** SUPPLIED INFORMATION **
==================================================

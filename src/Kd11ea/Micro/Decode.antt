-- ===== src/Kd11ea/Micro/Decode.antt =====
-- The decode of an instruction into the address of its microprogram (`ir_decode_entry` of
-- pdp11/kd11ea/kd11ea.c, and BUT DEST of `compute_next_mpc`). The PROMs are joined by a wired or.
use ll.Prelude.{
  ℕ, ◌*◌, ◌/◌, ◌%◌, ◌^◌, bit_or, Bool, true, false, ◌&&◌, not, [], ◌∷◌, ◌==◌, if◌then◌else◌, truthy,
  bit, get_or,
}
use ll.Kd11ea.Decode.{lines, low, e71_mpc07_l}
use ll.Kd11ea.Micro.Wiring.{e59_e60_addr, e63_addr, e69_addr, e70_addr, e74_addr}
use ll.Kd11ea.Micro.Roms.Single.{e59_rom, e60_rom, e63_rom, e74_rom}
use ll.Kd11ea.Micro.Roms.Double.{e69_rom, e70_rom}

-- IR 5-3 on MPC 02-00.
abbrev pub dest_mode : ℕ → ℕ
dest_mode ir = ir / 2 ^ 3 % 8

abbrev pub ir1412 : ℕ → ℕ
ir1412 ir = ir / 2 ^ 12 % 8

unfoldable pub e69_data : ℕ → Bool → Bool → ℕ
unfolding e69_addr e69_rom
e69_data ir but_dest_l ir_decode_h = get_or e69_rom (e69_addr ir but_dest_l ir_decode_h) 0

unfoldable pub e70_data : ℕ → Bool → Bool → ℕ
unfolding e70_addr e70_rom
e70_data ir but_dest_l ir_decode_h = get_or e70_rom (e70_addr ir but_dest_l ir_decode_h) 0

-- MPC 07-03 from E69 and E70.
abbrev pub double_lines : ℕ → ℕ → ℕ
double_lines d69 d70 = lines (
    0
    ∷ 0
    ∷ 0
    ∷ low (bit 2 d69)
    ∷ low (bit 3 d69)
    ∷ low (bit 1 d70)
    ∷ low (bit 2 d70)
    ∷ low (bit 3 d70)
    ∷ [])

unfoldable pub double_entry : ℕ → ℕ
unfolding e69_data e70_data
double_entry ir =
    let d69 = e69_data ir true true in
    bit_or (double_lines d69 (e70_data ir true true)) (if bit 0 d69 == 0 then ir / 2 ^ 9 % 8 else 0)

unfoldable pub single_entry : ℕ → ℕ
unfolding e59_e60_addr e59_rom e60_rom
single_entry ir =
    let d60 = get_or e60_rom (e59_e60_addr ir) 0 in
    let d59 = get_or e59_rom (e59_e60_addr ir) 0 in
    bit_or
      (lines
        (0 ∷ 0 ∷ 0 ∷ low (bit 0 d60) ∷ low (bit 1 d60) ∷ low (bit 2 d60) ∷ low (bit 3 d60) ∷ []))
      (if bit 0 d59 == 0 then dest_mode ir else 0)

unfoldable pub operate_entry : ℕ → ℕ
unfolding e63_addr e63_rom
operate_entry ir =
    let d63 = get_or e63_rom (e63_addr ir) 0 in
    lines (low (bit 3 d63) ∷ low (bit 2 d63) ∷ low (bit 1 d63) ∷ low (bit 0 d63) ∷ [])

unfoldable pub e74_data : ℕ → ℕ
unfolding e74_addr e74_rom
e74_data ir = get_or e74_rom (e74_addr ir true) 0

unfoldable pub eis_entry : ℕ → ℕ
unfolding e74_data
eis_entry ir =
    let d74 = e74_data ir in
    bit_or
      (lines (
        0
        ∷ 0
        ∷ 0
        ∷ low (bit 1 d74)
        ∷ low (bit 2 d74)
        ∷ low (bit 3 d74)
        ∷ low (bit 4 d74)
        ∷ low (bit 7 d74)
        ∷ []))
      (if bit 6 d74 == 0 then dest_mode ir else 0)

unfoldable pub ir_decode_entry : ℕ → ℕ → ℕ
unfolding double_entry single_entry operate_entry eis_entry e71_mpc07_l
ir_decode_entry ir psw =
    let ir15 = truthy (bit 15 ir) in
    let single = if ir1412 ir == 0 then single_entry ir else 0 in
    let operate =
      if ir1412 ir == 0 && ir / 2 ^ 8 % 16 == 0 && not ir15 then operate_entry ir else 0 in
    let eis = if ir15 then 0 else eis_entry ir in
    let branch = if ir1412 ir == 0 && bit 11 ir == 0 then low (e71_mpc07_l ir psw) * 2 ^ 7 else 0 in
    bit_or (bit_or (bit_or (bit_or (double_entry ir) single) operate) eis) branch % 2 ^ 9

-- BUT DEST: the entry for the mode of the destination.
unfoldable pub but_dest_entry : ℕ → ℕ
unfolding e69_data e70_data
but_dest_entry ir =
    bit_or (double_lines (e69_data ir false false) (e70_data ir false false)) (dest_mode ir)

==================================================

** WHAT YOU WILL DO **
An exact copy of every entry above is the expected answer.

** EXERCISE SOLUTION **
filename src/Kd11ea/Micro/Decode.antt
-- ===== src/Kd11ea/Micro/Decode.antt =====
-- The decode of an instruction into the address of its microprogram (`ir_decode_entry` of
-- pdp11/kd11ea/kd11ea.c, and BUT DEST of `compute_next_mpc`). The PROMs are joined by a wired or.
use ll.Prelude.{
  ℕ, ◌*◌, ◌/◌, ◌%◌, ◌^◌, bit_or, Bool, true, false, ◌&&◌, not, [], ◌∷◌, ◌==◌, if◌then◌else◌, truthy,
  bit, get_or,
}
use ll.Kd11ea.Decode.{lines, low, e71_mpc07_l}
use ll.Kd11ea.Micro.Wiring.{e59_e60_addr, e63_addr, e69_addr, e70_addr, e74_addr}
use ll.Kd11ea.Micro.Roms.Single.{e59_rom, e60_rom, e63_rom, e74_rom}
use ll.Kd11ea.Micro.Roms.Double.{e69_rom, e70_rom}

-- IR 5-3 on MPC 02-00.
abbrev pub dest_mode : ℕ → ℕ
dest_mode ir = ir / 2 ^ 3 % 8

abbrev pub ir1412 : ℕ → ℕ
ir1412 ir = ir / 2 ^ 12 % 8

unfoldable pub e69_data : ℕ → Bool → Bool → ℕ
unfolding e69_addr e69_rom
e69_data ir but_dest_l ir_decode_h = get_or e69_rom (e69_addr ir but_dest_l ir_decode_h) 0

unfoldable pub e70_data : ℕ → Bool → Bool → ℕ
unfolding e70_addr e70_rom
e70_data ir but_dest_l ir_decode_h = get_or e70_rom (e70_addr ir but_dest_l ir_decode_h) 0

-- MPC 07-03 from E69 and E70.
abbrev pub double_lines : ℕ → ℕ → ℕ
double_lines d69 d70 = lines (
    0
    ∷ 0
    ∷ 0
    ∷ low (bit 2 d69)
    ∷ low (bit 3 d69)
    ∷ low (bit 1 d70)
    ∷ low (bit 2 d70)
    ∷ low (bit 3 d70)
    ∷ [])

unfoldable pub double_entry : ℕ → ℕ
unfolding e69_data e70_data
double_entry ir =
    let d69 = e69_data ir true true in
    bit_or (double_lines d69 (e70_data ir true true)) (if bit 0 d69 == 0 then ir / 2 ^ 9 % 8 else 0)

unfoldable pub single_entry : ℕ → ℕ
unfolding e59_e60_addr e59_rom e60_rom
single_entry ir =
    let d60 = get_or e60_rom (e59_e60_addr ir) 0 in
    let d59 = get_or e59_rom (e59_e60_addr ir) 0 in
    bit_or
      (lines
        (0 ∷ 0 ∷ 0 ∷ low (bit 0 d60) ∷ low (bit 1 d60) ∷ low (bit 2 d60) ∷ low (bit 3 d60) ∷ []))
      (if bit 0 d59 == 0 then dest_mode ir else 0)

unfoldable pub operate_entry : ℕ → ℕ
unfolding e63_addr e63_rom
operate_entry ir =
    let d63 = get_or e63_rom (e63_addr ir) 0 in
    lines (low (bit 3 d63) ∷ low (bit 2 d63) ∷ low (bit 1 d63) ∷ low (bit 0 d63) ∷ [])

unfoldable pub e74_data : ℕ → ℕ
unfolding e74_addr e74_rom
e74_data ir = get_or e74_rom (e74_addr ir true) 0

unfoldable pub eis_entry : ℕ → ℕ
unfolding e74_data
eis_entry ir =
    let d74 = e74_data ir in
    bit_or
      (lines (
        0
        ∷ 0
        ∷ 0
        ∷ low (bit 1 d74)
        ∷ low (bit 2 d74)
        ∷ low (bit 3 d74)
        ∷ low (bit 4 d74)
        ∷ low (bit 7 d74)
        ∷ []))
      (if bit 6 d74 == 0 then dest_mode ir else 0)

unfoldable pub ir_decode_entry : ℕ → ℕ → ℕ
unfolding double_entry single_entry operate_entry eis_entry e71_mpc07_l
ir_decode_entry ir psw =
    let ir15 = truthy (bit 15 ir) in
    let single = if ir1412 ir == 0 then single_entry ir else 0 in
    let operate =
      if ir1412 ir == 0 && ir / 2 ^ 8 % 16 == 0 && not ir15 then operate_entry ir else 0 in
    let eis = if ir15 then 0 else eis_entry ir in
    let branch = if ir1412 ir == 0 && bit 11 ir == 0 then low (e71_mpc07_l ir psw) * 2 ^ 7 else 0 in
    bit_or (bit_or (bit_or (bit_or (double_entry ir) single) operate) eis) branch % 2 ^ 9

-- BUT DEST: the entry for the mode of the destination.
unfoldable pub but_dest_entry : ℕ → ℕ
unfolding e69_data e70_data
but_dest_entry ir =
    bit_or (double_lines (e69_data ir false false) (e70_data ir false false)) (dest_mode ir)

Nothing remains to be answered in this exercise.